THE DATA
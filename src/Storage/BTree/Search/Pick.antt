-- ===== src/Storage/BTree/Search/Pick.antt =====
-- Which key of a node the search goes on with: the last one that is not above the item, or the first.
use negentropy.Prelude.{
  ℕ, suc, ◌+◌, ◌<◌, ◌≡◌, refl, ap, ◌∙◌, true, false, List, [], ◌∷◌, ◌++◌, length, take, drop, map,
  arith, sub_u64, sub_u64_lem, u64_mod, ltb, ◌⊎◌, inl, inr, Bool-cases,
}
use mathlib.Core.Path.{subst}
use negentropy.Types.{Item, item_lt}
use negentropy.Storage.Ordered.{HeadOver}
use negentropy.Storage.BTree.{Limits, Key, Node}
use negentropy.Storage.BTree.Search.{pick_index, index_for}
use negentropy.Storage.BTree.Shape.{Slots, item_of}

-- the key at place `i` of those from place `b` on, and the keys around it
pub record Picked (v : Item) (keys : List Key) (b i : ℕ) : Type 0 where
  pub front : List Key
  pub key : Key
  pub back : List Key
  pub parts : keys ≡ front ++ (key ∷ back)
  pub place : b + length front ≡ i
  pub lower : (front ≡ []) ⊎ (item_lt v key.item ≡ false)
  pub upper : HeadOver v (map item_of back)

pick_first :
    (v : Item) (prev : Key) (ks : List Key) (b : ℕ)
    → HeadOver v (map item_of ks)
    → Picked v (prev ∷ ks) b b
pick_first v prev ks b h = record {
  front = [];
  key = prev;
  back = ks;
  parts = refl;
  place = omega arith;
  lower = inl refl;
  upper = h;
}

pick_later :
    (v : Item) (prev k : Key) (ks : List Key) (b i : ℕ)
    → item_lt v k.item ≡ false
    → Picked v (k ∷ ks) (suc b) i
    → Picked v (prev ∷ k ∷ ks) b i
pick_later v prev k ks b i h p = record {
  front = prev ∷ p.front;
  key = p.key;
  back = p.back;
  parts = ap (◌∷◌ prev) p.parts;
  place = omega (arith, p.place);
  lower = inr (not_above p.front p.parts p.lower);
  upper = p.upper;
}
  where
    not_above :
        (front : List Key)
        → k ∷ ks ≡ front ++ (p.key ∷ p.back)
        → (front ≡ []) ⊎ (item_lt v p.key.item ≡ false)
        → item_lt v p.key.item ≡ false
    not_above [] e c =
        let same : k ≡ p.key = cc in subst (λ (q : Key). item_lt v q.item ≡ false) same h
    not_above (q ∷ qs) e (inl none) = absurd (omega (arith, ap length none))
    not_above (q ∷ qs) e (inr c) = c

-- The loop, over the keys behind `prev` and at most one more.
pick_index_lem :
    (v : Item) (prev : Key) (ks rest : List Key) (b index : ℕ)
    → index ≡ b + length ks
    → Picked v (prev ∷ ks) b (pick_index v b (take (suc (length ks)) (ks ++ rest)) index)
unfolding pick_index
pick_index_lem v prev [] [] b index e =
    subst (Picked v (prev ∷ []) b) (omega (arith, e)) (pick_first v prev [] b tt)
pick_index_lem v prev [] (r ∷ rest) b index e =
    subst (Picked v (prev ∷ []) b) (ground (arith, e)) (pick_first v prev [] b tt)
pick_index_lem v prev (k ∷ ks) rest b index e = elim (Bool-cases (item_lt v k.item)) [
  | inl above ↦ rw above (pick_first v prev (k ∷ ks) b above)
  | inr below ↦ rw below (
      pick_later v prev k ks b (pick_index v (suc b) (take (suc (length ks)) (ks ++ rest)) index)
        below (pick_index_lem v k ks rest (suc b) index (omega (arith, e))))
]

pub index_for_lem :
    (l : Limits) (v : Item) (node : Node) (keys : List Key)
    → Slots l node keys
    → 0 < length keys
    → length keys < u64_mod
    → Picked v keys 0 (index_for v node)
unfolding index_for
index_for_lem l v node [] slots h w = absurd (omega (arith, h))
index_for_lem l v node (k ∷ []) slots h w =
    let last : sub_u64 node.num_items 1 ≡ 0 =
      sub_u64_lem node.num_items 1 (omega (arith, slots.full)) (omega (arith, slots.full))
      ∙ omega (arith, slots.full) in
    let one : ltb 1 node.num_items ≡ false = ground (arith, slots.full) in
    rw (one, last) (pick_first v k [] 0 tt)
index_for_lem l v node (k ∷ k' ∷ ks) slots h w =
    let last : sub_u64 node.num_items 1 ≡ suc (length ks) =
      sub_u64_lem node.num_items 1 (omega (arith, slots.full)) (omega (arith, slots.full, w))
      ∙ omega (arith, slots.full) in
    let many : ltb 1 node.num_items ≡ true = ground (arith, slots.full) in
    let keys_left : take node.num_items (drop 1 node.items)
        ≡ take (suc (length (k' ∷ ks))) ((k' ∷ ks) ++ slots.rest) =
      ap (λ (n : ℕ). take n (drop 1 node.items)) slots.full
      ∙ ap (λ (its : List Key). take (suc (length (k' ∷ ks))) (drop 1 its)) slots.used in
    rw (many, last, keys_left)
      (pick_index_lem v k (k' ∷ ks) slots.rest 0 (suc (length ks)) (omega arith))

EXERCISE REQUIREMENTS
Select all lines with the word "parts" from the entries above.

EXERCISE SOLUTION
  pub parts : keys ≡ front ++ (key ∷ back)
  parts = refl;
  parts = ap (◌∷◌ prev) p.parts;
  lower = inr (not_above p.front p.parts p.lower);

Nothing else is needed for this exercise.